===== SUPPLIED MATERIAL =====

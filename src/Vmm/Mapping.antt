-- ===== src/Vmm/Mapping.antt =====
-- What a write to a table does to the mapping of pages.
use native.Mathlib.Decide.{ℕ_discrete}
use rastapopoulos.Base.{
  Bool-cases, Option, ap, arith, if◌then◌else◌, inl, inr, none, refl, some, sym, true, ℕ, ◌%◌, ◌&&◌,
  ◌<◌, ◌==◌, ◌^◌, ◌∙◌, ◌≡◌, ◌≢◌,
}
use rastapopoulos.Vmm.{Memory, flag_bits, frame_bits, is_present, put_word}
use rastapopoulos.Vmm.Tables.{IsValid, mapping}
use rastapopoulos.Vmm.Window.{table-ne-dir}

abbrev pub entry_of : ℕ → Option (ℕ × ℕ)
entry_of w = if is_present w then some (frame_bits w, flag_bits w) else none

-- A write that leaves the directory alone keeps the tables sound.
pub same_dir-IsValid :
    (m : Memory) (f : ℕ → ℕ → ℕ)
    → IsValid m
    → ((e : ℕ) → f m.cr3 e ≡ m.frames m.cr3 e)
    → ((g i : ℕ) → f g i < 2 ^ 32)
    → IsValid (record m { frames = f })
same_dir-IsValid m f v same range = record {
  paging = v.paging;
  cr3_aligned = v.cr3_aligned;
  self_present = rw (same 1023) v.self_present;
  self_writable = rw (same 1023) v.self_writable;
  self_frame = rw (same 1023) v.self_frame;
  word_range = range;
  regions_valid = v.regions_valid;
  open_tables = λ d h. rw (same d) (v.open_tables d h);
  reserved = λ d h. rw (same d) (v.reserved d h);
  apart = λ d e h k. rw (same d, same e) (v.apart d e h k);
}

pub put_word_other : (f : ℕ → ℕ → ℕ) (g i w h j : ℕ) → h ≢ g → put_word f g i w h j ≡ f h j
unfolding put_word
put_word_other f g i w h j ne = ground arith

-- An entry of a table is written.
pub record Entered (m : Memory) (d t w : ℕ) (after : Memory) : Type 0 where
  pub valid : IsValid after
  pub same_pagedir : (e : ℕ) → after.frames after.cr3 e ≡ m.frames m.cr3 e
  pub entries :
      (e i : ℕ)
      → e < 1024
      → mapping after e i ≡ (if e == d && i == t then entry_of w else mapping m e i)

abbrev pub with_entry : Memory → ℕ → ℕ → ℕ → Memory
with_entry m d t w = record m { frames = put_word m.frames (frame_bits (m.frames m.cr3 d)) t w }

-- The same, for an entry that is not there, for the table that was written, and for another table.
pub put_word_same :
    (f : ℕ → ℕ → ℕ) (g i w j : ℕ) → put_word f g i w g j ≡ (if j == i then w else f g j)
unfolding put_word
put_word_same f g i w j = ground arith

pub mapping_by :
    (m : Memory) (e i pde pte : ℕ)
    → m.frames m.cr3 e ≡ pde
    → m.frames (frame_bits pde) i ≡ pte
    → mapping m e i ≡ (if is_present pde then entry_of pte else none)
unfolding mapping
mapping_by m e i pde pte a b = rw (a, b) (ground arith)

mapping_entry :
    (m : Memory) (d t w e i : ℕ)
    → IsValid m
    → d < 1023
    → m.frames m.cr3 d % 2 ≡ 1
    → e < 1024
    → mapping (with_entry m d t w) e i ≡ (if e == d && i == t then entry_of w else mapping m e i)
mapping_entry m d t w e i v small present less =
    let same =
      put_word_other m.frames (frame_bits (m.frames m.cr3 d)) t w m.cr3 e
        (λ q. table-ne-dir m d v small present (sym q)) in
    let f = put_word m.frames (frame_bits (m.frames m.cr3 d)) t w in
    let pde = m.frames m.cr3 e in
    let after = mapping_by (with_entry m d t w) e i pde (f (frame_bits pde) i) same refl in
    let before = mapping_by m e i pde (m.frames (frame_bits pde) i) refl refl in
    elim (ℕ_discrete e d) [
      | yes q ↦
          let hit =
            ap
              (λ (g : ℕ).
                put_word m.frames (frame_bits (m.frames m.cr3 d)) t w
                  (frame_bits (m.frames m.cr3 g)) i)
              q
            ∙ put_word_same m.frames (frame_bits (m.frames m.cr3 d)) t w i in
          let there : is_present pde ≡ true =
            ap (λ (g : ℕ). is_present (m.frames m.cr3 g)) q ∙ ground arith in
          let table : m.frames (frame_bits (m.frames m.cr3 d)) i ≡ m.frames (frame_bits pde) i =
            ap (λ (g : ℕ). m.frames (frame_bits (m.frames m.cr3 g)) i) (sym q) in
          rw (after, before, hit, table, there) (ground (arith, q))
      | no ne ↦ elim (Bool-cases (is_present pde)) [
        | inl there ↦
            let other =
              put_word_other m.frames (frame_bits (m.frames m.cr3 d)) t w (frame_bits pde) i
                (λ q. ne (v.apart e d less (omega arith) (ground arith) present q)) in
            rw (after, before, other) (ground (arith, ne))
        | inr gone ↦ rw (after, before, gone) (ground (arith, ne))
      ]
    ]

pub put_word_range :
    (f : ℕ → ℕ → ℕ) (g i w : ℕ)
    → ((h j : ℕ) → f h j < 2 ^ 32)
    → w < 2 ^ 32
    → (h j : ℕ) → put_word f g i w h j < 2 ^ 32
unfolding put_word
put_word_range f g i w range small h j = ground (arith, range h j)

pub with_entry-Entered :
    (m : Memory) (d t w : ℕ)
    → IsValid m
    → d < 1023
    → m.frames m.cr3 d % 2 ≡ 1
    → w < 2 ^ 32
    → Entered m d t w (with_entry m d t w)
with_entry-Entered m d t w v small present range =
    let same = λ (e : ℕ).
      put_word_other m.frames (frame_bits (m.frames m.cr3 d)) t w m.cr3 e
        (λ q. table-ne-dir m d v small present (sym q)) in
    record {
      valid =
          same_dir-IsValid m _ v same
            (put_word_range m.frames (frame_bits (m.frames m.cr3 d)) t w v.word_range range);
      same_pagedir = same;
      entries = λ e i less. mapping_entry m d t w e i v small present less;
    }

=====

DIRECTIONS FOR THIS TASK: Repeat the records, every one of them, without any deviation.

ANSWER BOX:
filename src/Vmm/Mapping.antt
-- ===== src/Vmm/Mapping.antt =====
-- What a write to a table does to the mapping of pages.
use native.Mathlib.Decide.{ℕ_discrete}
use rastapopoulos.Base.{
  Bool-cases, Option, ap, arith, if◌then◌else◌, inl, inr, none, refl, some, sym, true, ℕ, ◌%◌, ◌&&◌,
  ◌<◌, ◌==◌, ◌^◌, ◌∙◌, ◌≡◌, ◌≢◌,
}
use rastapopoulos.Vmm.{Memory, flag_bits, frame_bits, is_present, put_word}
use rastapopoulos.Vmm.Tables.{IsValid, mapping}
use rastapopoulos.Vmm.Window.{table-ne-dir}

abbrev pub entry_of : ℕ → Option (ℕ × ℕ)
entry_of w = if is_present w then some (frame_bits w, flag_bits w) else none

-- A write that leaves the directory alone keeps the tables sound.
pub same_dir-IsValid :
    (m : Memory) (f : ℕ → ℕ → ℕ)
    → IsValid m
    → ((e : ℕ) → f m.cr3 e ≡ m.frames m.cr3 e)
    → ((g i : ℕ) → f g i < 2 ^ 32)
    → IsValid (record m { frames = f })
same_dir-IsValid m f v same range = record {
  paging = v.paging;
  cr3_aligned = v.cr3_aligned;
  self_present = rw (same 1023) v.self_present;
  self_writable = rw (same 1023) v.self_writable;
  self_frame = rw (same 1023) v.self_frame;
  word_range = range;
  regions_valid = v.regions_valid;
  open_tables = λ d h. rw (same d) (v.open_tables d h);
  reserved = λ d h. rw (same d) (v.reserved d h);
  apart = λ d e h k. rw (same d, same e) (v.apart d e h k);
}

pub put_word_other : (f : ℕ → ℕ → ℕ) (g i w h j : ℕ) → h ≢ g → put_word f g i w h j ≡ f h j
unfolding put_word
put_word_other f g i w h j ne = ground arith

-- An entry of a table is written.
pub record Entered (m : Memory) (d t w : ℕ) (after : Memory) : Type 0 where
  pub valid : IsValid after
  pub same_pagedir : (e : ℕ) → after.frames after.cr3 e ≡ m.frames m.cr3 e
  pub entries :
      (e i : ℕ)
      → e < 1024
      → mapping after e i ≡ (if e == d && i == t then entry_of w else mapping m e i)

abbrev pub with_entry : Memory → ℕ → ℕ → ℕ → Memory
with_entry m d t w = record m { frames = put_word m.frames (frame_bits (m.frames m.cr3 d)) t w }

-- The same, for an entry that is not there, for the table that was written, and for another table.
pub put_word_same :
    (f : ℕ → ℕ → ℕ) (g i w j : ℕ) → put_word f g i w g j ≡ (if j == i then w else f g j)
unfolding put_word
put_word_same f g i w j = ground arith

pub mapping_by :
    (m : Memory) (e i pde pte : ℕ)
    → m.frames m.cr3 e ≡ pde
    → m.frames (frame_bits pde) i ≡ pte
    → mapping m e i ≡ (if is_present pde then entry_of pte else none)
unfolding mapping
mapping_by m e i pde pte a b = rw (a, b) (ground arith)

mapping_entry :
    (m : Memory) (d t w e i : ℕ)
    → IsValid m
    → d < 1023
    → m.frames m.cr3 d % 2 ≡ 1
    → e < 1024
    → mapping (with_entry m d t w) e i ≡ (if e == d && i == t then entry_of w else mapping m e i)
mapping_entry m d t w e i v small present less =
    let same =
      put_word_other m.frames (frame_bits (m.frames m.cr3 d)) t w m.cr3 e
        (λ q. table-ne-dir m d v small present (sym q)) in
    let f = put_word m.frames (frame_bits (m.frames m.cr3 d)) t w in
    let pde = m.frames m.cr3 e in
    let after = mapping_by (with_entry m d t w) e i pde (f (frame_bits pde) i) same refl in
    let before = mapping_by m e i pde (m.frames (frame_bits pde) i) refl refl in
    elim (ℕ_discrete e d) [
      | yes q ↦
          let hit =
            ap
              (λ (g : ℕ).
                put_word m.frames (frame_bits (m.frames m.cr3 d)) t w
                  (frame_bits (m.frames m.cr3 g)) i)
              q
            ∙ put_word_same m.frames (frame_bits (m.frames m.cr3 d)) t w i in
          let there : is_present pde ≡ true =
            ap (λ (g : ℕ). is_present (m.frames m.cr3 g)) q ∙ ground arith in
          let table : m.frames (frame_bits (m.frames m.cr3 d)) i ≡ m.frames (frame_bits pde) i =
            ap (λ (g : ℕ). m.frames (frame_bits (m.frames m.cr3 g)) i) (sym q) in
          rw (after, before, hit, table, there) (ground (arith, q))
      | no ne ↦ elim (Bool-cases (is_present pde)) [
        | inl there ↦
            let other =
              put_word_other m.frames (frame_bits (m.frames m.cr3 d)) t w (frame_bits pde) i
                (λ q. ne (v.apart e d less (omega arith) (ground arith) present q)) in
            rw (after, before, other) (ground (arith, ne))
        | inr gone ↦ rw (after, before, gone) (ground (arith, ne))
      ]
    ]

pub put_word_range :
    (f : ℕ → ℕ → ℕ) (g i w : ℕ)
    → ((h j : ℕ) → f h j < 2 ^ 32)
    → w < 2 ^ 32
    → (h j : ℕ) → put_word f g i w h j < 2 ^ 32
unfolding put_word
put_word_range f g i w range small h j = ground (arith, range h j)

pub with_entry-Entered :
    (m : Memory) (d t w : ℕ)
    → IsValid m
    → d < 1023
    → m.frames m.cr3 d % 2 ≡ 1
    → w < 2 ^ 32
    → Entered m d t w (with_entry m d t w)
with_entry-Entered m d t w v small present range =
    let same = λ (e : ℕ).
      put_word_other m.frames (frame_bits (m.frames m.cr3 d)) t w m.cr3 e
        (λ q. table-ne-dir m d v small present (sym q)) in
    record {
      valid =
          same_dir-IsValid m _ v same
            (put_word_range m.frames (frame_bits (m.frames m.cr3 d)) t w v.word_range range);
      same_pagedir = same;
      entries = λ e i less. mapping_entry m d t w e i v small present less;
    }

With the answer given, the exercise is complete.